▸ Your task:
Every line from the one with "accounts = (7, record" to the one with "1)) 0 ≡ ok tt)", including those two, is to be copied exactly; all other lines of the entries below are left out.

▸ Input:
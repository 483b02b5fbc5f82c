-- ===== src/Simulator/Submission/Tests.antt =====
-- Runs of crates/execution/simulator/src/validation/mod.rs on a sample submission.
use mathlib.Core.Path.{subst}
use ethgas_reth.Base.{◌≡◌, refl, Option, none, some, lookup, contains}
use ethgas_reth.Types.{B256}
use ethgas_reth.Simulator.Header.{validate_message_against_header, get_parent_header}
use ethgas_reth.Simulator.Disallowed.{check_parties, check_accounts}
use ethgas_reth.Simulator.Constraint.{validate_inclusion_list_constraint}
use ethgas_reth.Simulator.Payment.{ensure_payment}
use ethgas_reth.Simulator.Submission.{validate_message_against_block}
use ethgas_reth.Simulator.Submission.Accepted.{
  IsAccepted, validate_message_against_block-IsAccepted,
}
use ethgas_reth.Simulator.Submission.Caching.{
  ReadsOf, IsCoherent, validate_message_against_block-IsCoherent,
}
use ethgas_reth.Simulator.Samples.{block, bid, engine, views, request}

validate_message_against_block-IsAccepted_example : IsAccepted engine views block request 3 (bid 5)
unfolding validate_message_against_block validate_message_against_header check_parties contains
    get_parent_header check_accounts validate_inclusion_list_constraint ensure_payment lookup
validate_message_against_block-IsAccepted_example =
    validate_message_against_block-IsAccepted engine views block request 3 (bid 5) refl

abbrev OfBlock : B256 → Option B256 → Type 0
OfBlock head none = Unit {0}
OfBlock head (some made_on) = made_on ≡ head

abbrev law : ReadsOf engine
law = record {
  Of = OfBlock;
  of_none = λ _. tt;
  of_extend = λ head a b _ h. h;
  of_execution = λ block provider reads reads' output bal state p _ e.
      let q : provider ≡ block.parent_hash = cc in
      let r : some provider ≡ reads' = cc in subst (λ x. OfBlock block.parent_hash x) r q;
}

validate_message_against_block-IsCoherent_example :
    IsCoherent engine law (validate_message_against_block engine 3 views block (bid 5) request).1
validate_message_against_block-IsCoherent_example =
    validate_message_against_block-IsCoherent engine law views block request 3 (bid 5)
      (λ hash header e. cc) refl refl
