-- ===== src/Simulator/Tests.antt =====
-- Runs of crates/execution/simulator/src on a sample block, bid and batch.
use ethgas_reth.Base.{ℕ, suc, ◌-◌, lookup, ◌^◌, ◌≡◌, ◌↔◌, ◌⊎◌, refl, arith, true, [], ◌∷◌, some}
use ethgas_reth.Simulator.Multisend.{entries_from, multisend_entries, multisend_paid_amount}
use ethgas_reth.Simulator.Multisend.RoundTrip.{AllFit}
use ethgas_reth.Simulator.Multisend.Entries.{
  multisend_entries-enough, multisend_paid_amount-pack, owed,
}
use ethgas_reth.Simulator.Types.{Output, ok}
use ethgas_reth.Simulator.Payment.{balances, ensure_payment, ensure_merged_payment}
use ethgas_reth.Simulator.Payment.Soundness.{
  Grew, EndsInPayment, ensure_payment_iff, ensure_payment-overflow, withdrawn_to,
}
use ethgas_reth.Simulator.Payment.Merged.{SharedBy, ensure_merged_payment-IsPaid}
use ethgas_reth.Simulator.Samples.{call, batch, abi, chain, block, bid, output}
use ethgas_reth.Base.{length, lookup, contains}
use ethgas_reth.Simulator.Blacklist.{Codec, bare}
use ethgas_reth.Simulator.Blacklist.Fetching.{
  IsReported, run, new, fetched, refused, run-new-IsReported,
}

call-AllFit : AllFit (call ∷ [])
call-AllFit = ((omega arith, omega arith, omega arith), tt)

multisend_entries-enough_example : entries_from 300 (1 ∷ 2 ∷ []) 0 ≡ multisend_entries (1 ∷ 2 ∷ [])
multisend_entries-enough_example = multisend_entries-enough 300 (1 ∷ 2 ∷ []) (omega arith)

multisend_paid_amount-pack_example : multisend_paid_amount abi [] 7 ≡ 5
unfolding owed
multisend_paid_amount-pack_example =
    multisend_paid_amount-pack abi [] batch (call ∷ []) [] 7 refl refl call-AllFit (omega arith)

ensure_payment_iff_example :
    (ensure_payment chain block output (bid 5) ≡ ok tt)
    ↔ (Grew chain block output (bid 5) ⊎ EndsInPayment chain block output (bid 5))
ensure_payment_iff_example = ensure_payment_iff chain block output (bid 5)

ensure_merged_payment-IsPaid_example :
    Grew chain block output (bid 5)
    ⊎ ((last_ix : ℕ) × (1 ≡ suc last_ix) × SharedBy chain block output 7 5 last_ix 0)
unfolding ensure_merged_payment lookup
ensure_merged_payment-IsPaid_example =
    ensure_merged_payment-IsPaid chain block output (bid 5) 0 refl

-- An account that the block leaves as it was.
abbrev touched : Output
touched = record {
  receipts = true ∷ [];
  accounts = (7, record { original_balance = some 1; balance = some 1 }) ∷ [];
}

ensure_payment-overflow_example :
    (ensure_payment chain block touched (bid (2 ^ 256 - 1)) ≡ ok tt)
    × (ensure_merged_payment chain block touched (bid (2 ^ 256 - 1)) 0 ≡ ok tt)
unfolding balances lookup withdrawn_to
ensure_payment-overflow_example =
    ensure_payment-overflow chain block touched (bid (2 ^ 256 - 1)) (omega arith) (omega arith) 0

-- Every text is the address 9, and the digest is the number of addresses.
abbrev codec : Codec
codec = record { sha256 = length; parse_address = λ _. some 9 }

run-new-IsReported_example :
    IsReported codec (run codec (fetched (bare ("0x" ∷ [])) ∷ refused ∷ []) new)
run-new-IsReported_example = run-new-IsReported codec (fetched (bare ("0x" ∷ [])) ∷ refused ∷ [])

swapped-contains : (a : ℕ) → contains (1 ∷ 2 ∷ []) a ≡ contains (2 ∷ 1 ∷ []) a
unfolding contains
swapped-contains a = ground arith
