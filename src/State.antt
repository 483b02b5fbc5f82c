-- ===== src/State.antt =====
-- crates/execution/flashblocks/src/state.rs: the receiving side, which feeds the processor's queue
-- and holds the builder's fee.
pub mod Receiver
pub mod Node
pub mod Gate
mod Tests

==

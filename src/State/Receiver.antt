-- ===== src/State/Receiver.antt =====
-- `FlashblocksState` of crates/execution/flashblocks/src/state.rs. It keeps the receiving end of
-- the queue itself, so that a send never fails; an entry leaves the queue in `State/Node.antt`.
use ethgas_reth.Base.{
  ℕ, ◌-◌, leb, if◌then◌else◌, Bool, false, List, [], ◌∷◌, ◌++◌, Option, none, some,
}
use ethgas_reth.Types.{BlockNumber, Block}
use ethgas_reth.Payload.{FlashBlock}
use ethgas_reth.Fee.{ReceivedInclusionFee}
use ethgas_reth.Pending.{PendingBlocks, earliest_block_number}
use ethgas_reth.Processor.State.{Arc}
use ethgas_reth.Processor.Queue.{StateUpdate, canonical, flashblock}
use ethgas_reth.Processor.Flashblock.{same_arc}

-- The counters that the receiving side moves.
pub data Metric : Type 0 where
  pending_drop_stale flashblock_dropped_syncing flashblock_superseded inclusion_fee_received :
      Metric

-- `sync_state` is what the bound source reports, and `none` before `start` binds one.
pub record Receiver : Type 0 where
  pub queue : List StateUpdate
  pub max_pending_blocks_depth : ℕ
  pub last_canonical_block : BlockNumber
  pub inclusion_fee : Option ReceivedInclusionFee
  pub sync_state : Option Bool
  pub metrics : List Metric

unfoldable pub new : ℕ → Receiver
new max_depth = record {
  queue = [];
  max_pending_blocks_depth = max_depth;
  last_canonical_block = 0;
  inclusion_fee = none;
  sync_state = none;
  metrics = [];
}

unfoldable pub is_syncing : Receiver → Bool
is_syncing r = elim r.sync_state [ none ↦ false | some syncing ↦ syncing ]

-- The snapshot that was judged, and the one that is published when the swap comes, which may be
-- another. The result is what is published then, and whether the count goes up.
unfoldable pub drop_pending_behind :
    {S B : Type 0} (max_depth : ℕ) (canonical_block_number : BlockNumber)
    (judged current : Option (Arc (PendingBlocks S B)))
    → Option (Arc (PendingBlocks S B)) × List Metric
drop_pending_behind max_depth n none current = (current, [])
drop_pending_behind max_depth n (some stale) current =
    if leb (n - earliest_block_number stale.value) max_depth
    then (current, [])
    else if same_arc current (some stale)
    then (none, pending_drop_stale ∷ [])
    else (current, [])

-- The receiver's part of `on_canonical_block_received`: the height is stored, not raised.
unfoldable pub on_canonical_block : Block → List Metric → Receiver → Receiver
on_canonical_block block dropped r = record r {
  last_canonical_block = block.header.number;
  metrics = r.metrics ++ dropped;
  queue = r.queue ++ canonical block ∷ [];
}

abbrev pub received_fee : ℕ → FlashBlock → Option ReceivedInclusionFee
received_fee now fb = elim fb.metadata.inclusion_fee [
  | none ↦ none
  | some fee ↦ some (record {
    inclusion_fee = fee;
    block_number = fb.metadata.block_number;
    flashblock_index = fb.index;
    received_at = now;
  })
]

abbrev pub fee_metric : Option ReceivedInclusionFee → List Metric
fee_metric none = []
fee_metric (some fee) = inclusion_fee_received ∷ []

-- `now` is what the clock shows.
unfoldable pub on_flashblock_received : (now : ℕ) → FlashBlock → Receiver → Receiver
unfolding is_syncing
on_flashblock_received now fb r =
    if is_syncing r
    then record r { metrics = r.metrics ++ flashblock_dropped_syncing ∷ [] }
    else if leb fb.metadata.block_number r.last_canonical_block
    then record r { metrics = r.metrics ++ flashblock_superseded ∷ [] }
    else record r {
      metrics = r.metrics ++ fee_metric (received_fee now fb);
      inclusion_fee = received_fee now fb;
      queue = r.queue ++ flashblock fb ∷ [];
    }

--

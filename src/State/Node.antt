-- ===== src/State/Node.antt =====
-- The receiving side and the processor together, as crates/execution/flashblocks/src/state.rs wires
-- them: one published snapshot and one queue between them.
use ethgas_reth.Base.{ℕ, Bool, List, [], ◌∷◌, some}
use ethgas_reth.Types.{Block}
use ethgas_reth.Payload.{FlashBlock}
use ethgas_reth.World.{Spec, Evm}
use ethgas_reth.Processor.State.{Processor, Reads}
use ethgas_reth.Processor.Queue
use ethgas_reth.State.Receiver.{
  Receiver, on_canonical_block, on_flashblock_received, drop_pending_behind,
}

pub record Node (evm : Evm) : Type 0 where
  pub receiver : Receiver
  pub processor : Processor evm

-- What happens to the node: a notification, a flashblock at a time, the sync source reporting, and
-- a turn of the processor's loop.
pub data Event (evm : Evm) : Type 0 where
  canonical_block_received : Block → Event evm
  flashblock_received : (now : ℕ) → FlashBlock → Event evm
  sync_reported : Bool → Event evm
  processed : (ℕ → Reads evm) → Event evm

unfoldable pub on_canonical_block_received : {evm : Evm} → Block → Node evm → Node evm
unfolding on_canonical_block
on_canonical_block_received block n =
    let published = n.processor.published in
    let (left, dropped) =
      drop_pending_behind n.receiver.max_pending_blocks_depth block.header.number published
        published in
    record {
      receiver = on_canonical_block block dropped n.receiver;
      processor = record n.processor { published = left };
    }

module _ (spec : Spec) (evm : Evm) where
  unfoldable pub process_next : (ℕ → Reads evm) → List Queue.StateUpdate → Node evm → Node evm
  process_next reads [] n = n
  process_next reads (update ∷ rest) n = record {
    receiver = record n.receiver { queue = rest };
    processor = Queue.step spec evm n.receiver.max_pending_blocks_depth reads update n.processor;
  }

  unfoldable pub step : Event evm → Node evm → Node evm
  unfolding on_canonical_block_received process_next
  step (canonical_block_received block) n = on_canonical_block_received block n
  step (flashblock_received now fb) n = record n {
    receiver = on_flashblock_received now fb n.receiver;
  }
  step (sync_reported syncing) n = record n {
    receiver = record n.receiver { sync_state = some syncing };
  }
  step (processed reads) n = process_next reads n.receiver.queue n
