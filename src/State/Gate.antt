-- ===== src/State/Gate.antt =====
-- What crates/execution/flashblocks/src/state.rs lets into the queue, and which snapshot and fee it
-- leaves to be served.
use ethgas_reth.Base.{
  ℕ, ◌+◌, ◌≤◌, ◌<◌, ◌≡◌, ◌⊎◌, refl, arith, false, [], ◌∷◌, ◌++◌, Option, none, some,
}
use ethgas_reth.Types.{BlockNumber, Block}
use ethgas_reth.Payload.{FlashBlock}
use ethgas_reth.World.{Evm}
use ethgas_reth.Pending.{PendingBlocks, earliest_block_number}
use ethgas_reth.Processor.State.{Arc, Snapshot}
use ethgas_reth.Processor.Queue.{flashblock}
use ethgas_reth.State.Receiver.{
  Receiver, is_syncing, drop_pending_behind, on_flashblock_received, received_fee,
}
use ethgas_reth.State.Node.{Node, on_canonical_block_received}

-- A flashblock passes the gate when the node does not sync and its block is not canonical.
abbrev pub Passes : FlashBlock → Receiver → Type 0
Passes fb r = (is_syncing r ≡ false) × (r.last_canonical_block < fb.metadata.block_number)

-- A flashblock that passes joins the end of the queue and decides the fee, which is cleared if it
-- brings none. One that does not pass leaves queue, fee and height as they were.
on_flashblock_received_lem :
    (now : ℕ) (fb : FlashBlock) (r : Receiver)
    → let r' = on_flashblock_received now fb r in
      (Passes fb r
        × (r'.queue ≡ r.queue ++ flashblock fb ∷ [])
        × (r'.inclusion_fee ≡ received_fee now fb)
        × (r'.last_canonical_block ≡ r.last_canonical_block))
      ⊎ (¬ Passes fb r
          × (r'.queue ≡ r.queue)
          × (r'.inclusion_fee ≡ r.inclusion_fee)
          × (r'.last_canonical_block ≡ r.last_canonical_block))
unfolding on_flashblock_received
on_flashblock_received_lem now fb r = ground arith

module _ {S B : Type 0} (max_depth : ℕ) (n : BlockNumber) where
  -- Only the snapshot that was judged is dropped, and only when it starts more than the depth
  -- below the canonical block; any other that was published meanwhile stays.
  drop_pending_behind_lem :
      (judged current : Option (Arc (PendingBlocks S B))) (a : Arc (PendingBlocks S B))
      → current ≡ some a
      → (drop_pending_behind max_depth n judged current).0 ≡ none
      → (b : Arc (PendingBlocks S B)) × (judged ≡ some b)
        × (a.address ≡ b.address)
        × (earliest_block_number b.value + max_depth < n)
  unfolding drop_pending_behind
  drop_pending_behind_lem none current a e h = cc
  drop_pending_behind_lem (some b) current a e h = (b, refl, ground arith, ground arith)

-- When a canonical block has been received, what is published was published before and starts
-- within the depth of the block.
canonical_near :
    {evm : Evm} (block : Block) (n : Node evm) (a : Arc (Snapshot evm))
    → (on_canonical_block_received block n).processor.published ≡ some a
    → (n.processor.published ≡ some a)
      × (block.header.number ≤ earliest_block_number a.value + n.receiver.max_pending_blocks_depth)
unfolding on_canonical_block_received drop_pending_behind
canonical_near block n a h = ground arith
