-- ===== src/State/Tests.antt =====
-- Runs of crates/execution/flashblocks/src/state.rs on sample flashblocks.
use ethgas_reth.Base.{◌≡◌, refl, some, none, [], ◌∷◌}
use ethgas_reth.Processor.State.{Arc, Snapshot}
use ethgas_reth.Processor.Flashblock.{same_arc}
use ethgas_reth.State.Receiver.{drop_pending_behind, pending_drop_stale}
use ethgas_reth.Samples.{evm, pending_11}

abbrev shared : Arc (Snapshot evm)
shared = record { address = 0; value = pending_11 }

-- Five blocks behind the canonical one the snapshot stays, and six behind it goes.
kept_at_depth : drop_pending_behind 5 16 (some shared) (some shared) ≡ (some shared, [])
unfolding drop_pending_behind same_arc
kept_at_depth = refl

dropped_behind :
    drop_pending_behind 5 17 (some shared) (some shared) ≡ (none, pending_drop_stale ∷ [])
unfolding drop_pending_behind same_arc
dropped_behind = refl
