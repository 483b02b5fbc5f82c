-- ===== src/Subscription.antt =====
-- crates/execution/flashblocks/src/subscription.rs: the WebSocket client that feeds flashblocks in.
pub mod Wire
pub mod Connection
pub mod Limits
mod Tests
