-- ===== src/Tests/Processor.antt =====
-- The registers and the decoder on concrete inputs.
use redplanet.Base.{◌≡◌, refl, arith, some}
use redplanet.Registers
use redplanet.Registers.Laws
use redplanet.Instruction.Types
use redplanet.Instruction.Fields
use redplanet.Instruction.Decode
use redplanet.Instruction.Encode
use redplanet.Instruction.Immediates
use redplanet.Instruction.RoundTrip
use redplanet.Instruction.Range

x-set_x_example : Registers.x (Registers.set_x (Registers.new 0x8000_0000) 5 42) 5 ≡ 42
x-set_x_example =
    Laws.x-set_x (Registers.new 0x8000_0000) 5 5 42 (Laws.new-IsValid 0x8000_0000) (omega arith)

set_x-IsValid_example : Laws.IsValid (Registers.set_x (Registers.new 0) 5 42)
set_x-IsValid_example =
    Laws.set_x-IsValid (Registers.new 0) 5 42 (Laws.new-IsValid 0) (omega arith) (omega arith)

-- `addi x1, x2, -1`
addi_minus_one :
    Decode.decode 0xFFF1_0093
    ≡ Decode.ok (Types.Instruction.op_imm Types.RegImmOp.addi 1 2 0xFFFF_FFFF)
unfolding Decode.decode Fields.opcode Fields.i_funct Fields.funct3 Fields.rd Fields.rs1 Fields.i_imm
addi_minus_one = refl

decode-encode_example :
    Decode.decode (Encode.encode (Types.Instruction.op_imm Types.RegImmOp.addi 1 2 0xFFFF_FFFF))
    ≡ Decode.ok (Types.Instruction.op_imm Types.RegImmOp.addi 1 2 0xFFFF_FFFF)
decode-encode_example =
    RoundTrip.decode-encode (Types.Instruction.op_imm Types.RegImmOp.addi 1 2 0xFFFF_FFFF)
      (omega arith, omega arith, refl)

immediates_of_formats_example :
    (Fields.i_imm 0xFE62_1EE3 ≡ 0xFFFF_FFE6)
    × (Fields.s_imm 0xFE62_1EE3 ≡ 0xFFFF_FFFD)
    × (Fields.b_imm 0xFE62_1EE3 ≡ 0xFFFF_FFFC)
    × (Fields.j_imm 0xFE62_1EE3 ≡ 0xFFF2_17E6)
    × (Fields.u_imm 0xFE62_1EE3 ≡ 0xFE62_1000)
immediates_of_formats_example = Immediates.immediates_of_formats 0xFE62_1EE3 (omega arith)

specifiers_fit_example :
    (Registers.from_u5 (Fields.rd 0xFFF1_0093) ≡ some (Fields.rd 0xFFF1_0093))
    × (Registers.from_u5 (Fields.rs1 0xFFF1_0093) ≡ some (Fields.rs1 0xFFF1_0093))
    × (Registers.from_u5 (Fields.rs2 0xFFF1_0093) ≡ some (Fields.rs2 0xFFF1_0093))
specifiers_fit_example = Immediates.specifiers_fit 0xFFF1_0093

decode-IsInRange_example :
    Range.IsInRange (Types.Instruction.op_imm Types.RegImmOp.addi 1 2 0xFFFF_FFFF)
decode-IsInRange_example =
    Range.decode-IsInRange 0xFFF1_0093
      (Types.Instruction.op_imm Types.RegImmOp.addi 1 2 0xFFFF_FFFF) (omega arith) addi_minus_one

▸ Task response:
  accounts = (7, record { original_balance = some 1; balance = some 1 }) ∷ [];
}

ensure_payment-overflow_example :
    (ensure_payment chain block touched (bid (2 ^ 256 - 1)) ≡ ok tt)
    × (ensure_merged_payment chain block touched (bid (2 ^ 256 - 1)) 0 ≡ ok tt)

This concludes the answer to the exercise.